__WHAT TO PRODUCE__: From the entries below, transcribe exactly the lines between the line holding "blank = settings_repository" and the line holding "set_username-stored_example = set_username-stored", inclusive; skip all other lines.

__STUDY MATERIAL__:

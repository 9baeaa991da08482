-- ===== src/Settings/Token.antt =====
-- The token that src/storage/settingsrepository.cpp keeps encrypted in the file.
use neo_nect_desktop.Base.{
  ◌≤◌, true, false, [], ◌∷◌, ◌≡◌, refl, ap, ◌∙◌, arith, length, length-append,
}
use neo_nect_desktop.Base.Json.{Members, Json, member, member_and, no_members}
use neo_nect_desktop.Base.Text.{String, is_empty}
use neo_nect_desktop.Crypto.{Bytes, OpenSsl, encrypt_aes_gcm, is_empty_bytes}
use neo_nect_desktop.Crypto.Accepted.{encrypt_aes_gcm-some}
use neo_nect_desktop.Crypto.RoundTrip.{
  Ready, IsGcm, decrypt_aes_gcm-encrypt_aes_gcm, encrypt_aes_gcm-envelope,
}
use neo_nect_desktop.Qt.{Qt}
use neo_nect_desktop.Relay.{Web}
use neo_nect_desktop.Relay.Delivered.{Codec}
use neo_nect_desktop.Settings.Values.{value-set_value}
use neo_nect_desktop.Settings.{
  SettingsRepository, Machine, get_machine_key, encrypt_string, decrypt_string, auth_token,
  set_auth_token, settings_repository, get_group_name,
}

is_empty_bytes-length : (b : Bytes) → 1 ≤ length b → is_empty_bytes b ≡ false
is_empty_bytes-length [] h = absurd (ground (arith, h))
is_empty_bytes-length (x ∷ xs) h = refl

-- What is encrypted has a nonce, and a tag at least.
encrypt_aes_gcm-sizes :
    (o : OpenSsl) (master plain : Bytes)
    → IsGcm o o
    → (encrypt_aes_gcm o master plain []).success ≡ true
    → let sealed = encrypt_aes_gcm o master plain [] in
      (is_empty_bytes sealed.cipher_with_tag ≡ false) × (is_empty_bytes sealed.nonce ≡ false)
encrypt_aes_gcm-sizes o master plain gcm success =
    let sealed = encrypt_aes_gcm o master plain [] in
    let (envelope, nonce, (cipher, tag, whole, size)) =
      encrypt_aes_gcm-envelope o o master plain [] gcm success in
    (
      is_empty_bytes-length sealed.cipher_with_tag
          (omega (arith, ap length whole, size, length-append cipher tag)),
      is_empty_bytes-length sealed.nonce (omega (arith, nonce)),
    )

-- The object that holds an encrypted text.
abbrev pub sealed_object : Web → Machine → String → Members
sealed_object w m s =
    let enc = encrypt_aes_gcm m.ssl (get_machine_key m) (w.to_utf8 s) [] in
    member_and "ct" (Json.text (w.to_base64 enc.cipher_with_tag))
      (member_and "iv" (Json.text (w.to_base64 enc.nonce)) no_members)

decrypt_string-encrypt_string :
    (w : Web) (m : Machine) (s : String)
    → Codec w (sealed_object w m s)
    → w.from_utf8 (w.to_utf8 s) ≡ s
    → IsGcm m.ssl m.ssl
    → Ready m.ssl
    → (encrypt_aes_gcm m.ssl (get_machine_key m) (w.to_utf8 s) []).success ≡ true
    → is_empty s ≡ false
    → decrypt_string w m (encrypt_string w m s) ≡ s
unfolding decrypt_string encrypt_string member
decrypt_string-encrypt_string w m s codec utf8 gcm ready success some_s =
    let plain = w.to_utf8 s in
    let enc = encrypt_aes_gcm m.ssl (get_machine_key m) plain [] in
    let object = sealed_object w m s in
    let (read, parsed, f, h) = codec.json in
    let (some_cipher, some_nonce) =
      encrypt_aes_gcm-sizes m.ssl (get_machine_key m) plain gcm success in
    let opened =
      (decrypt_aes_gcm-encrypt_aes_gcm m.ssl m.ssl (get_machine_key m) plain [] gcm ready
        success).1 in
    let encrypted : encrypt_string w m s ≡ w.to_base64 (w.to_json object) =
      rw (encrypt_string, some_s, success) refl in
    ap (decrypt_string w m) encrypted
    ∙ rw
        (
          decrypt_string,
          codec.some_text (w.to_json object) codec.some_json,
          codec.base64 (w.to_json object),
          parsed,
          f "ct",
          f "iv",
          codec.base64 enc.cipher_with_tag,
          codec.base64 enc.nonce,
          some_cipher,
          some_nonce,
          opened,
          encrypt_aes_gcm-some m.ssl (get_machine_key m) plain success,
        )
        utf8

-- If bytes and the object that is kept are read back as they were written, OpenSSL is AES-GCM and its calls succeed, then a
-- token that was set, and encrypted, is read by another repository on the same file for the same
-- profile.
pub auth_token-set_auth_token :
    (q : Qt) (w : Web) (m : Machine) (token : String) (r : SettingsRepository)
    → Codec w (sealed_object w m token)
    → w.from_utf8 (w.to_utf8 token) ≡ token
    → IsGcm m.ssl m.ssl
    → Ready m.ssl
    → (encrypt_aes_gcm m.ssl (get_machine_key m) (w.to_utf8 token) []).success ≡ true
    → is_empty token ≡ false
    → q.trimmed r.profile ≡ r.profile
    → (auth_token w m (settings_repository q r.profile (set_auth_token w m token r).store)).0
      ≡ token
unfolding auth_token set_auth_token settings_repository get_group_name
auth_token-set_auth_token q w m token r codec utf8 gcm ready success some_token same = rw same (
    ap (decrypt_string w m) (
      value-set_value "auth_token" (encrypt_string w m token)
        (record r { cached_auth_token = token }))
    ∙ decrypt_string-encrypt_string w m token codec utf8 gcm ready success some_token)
==
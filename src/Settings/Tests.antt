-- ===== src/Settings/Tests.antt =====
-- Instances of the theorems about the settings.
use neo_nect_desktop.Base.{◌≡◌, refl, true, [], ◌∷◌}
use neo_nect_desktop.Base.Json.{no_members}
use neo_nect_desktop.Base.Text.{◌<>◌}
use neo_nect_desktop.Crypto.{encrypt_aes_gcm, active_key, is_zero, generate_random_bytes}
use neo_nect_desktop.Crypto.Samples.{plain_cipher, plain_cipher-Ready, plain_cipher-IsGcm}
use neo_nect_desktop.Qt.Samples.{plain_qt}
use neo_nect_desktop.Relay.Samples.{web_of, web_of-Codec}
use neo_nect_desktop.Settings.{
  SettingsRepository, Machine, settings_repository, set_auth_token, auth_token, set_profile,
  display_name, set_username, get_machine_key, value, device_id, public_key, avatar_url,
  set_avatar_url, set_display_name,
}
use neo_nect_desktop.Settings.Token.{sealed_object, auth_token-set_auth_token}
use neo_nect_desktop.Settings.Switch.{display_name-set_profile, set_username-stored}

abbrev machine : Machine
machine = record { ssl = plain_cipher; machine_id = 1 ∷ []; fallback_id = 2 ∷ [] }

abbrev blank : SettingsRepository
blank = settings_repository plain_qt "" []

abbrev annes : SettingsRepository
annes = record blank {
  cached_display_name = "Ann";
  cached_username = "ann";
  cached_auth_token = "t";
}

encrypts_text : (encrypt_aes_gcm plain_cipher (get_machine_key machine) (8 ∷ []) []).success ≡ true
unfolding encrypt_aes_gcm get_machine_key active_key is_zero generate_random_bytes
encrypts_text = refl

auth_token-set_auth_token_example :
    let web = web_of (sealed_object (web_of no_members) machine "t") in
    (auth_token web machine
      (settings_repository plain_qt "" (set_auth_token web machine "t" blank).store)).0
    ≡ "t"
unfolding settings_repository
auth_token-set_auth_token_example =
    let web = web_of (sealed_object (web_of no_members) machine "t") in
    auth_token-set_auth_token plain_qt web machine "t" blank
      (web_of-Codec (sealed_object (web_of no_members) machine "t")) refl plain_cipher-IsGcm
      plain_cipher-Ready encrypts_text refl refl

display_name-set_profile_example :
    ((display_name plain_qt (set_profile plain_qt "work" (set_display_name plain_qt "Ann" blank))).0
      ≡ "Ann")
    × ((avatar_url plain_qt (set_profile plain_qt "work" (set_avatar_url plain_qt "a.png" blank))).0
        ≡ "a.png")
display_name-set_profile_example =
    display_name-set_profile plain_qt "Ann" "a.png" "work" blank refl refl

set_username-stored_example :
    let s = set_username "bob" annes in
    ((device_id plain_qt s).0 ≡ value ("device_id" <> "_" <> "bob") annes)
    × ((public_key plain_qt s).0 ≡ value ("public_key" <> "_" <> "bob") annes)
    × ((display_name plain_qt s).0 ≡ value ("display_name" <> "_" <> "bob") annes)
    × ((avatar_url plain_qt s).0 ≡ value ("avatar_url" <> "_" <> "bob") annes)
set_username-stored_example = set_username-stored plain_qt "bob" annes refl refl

__COMPLETED EXERCISE__:
blank = settings_repository plain_qt "" []

abbrev annes : SettingsRepository
annes = record blank {
  cached_display_name = "Ann";
  cached_username = "ann";
  cached_auth_token = "t";
}

encrypts_text : (encrypt_aes_gcm plain_cipher (get_machine_key machine) (8 ∷ []) []).success ≡ true
unfolding encrypt_aes_gcm get_machine_key active_key is_zero generate_random_bytes
encrypts_text = refl

auth_token-set_auth_token_example :
    let web = web_of (sealed_object (web_of no_members) machine "t") in
    (auth_token web machine
      (settings_repository plain_qt "" (set_auth_token web machine "t" blank).store)).0
    ≡ "t"
unfolding settings_repository
auth_token-set_auth_token_example =
    let web = web_of (sealed_object (web_of no_members) machine "t") in
    auth_token-set_auth_token plain_qt web machine "t" blank
      (web_of-Codec (sealed_object (web_of no_members) machine "t")) refl plain_cipher-IsGcm
      plain_cipher-Ready encrypts_text refl refl

display_name-set_profile_example :
    ((display_name plain_qt (set_profile plain_qt "work" (set_display_name plain_qt "Ann" blank))).0
      ≡ "Ann")
    × ((avatar_url plain_qt (set_profile plain_qt "work" (set_avatar_url plain_qt "a.png" blank))).0
        ≡ "a.png")
display_name-set_profile_example =
    display_name-set_profile plain_qt "Ann" "a.png" "work" blank refl refl

set_username-stored_example :
    let s = set_username "bob" annes in
    ((device_id plain_qt s).0 ≡ value ("device_id" <> "_" <> "bob") annes)
    × ((public_key plain_qt s).0 ≡ value ("public_key" <> "_" <> "bob") annes)
    × ((display_name plain_qt s).0 ≡ value ("display_name" <> "_" <> "bob") annes)
    × ((avatar_url plain_qt s).0 ≡ value ("avatar_url" <> "_" <> "bob") annes)
set_username-stored_example = set_username-stored plain_qt "bob" annes refl refl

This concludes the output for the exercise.